DATA EXTRACTS Block Start

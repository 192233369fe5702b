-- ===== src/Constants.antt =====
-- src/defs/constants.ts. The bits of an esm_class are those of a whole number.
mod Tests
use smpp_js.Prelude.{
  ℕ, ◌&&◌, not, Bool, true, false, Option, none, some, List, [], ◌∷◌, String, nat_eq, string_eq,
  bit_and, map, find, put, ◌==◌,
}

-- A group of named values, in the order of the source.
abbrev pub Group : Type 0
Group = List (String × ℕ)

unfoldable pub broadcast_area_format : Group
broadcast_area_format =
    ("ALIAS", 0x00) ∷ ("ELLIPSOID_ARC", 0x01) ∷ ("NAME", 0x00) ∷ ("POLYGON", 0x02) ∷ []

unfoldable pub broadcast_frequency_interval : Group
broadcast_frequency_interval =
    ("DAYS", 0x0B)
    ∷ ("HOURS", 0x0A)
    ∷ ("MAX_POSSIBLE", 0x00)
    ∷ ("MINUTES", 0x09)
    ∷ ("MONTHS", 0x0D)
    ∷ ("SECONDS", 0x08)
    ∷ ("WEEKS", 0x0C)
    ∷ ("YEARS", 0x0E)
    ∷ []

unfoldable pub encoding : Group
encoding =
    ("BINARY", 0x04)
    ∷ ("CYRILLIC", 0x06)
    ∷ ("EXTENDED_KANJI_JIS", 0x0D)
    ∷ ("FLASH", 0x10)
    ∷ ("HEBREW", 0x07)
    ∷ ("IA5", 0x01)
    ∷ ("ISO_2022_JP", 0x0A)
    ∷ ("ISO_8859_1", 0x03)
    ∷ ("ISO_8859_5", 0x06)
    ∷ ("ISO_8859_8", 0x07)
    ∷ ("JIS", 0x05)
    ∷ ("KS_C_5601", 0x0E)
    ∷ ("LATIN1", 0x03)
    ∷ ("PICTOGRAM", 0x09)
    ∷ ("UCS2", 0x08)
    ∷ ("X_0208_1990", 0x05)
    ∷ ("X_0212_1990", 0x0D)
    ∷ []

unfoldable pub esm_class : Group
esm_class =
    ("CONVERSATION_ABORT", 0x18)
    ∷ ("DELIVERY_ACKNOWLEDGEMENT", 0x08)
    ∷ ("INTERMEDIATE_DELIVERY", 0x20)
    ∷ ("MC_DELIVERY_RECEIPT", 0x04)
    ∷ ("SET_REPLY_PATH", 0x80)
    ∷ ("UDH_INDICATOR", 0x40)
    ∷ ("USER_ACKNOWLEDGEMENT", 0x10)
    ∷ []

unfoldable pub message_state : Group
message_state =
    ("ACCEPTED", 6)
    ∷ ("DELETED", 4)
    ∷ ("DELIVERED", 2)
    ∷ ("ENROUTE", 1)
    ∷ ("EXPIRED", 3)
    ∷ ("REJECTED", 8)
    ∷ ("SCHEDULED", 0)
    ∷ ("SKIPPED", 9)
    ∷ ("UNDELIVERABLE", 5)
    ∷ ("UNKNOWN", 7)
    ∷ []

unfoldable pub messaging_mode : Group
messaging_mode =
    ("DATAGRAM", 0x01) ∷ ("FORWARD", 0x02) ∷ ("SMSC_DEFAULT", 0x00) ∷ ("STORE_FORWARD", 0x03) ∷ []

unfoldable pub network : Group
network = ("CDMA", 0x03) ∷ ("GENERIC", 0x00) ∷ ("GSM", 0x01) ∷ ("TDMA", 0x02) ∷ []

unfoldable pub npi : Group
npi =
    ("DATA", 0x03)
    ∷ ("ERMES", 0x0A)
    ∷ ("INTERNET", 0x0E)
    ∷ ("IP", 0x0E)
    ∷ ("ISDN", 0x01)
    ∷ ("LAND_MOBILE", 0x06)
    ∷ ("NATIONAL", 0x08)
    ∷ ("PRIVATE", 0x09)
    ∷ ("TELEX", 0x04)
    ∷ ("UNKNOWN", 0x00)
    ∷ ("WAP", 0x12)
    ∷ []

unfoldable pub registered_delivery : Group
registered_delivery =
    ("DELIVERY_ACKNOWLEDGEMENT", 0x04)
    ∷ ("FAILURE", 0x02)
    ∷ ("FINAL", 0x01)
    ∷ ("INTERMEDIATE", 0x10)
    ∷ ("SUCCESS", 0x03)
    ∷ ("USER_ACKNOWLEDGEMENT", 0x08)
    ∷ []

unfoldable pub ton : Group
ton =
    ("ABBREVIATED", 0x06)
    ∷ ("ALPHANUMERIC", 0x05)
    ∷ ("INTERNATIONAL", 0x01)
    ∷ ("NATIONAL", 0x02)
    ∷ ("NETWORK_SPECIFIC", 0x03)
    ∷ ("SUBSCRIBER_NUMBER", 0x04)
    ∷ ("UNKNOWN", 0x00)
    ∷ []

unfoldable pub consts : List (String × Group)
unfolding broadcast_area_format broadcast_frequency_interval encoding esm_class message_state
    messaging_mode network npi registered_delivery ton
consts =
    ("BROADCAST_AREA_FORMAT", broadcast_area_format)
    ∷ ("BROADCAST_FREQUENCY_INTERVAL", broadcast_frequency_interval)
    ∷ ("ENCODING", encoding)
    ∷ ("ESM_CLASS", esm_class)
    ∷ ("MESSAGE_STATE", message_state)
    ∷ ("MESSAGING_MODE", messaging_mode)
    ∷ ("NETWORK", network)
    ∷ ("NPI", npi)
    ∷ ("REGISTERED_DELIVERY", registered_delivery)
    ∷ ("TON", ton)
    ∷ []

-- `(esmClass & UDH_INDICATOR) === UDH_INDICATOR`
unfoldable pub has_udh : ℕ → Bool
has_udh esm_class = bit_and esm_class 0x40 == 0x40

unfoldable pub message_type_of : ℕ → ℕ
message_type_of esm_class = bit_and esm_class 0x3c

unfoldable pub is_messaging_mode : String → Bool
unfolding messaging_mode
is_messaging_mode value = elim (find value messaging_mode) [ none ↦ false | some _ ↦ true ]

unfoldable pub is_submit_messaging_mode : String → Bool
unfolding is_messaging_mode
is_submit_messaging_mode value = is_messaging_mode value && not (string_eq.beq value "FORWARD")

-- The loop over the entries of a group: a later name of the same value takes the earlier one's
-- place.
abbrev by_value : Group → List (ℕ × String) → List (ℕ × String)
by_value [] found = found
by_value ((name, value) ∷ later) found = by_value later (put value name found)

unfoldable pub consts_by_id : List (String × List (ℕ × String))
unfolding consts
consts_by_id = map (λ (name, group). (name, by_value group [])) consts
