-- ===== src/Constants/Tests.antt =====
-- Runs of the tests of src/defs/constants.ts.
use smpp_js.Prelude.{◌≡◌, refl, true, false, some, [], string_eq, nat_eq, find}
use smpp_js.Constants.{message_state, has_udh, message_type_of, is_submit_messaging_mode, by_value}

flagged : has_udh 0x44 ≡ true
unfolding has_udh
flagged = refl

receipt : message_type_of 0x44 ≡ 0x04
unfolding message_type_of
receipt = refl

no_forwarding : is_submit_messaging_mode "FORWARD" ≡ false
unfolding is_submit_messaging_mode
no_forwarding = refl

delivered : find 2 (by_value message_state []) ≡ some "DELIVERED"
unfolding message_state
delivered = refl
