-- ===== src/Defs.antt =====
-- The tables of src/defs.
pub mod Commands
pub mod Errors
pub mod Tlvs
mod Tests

DATA EXTRACTS Block End

* [EXERCISE INSTRUCTIONS]
When a line in the records contains the string "found", it counts; state how many lines count, with no other words.

* [EXERCISE RESPONSE]
2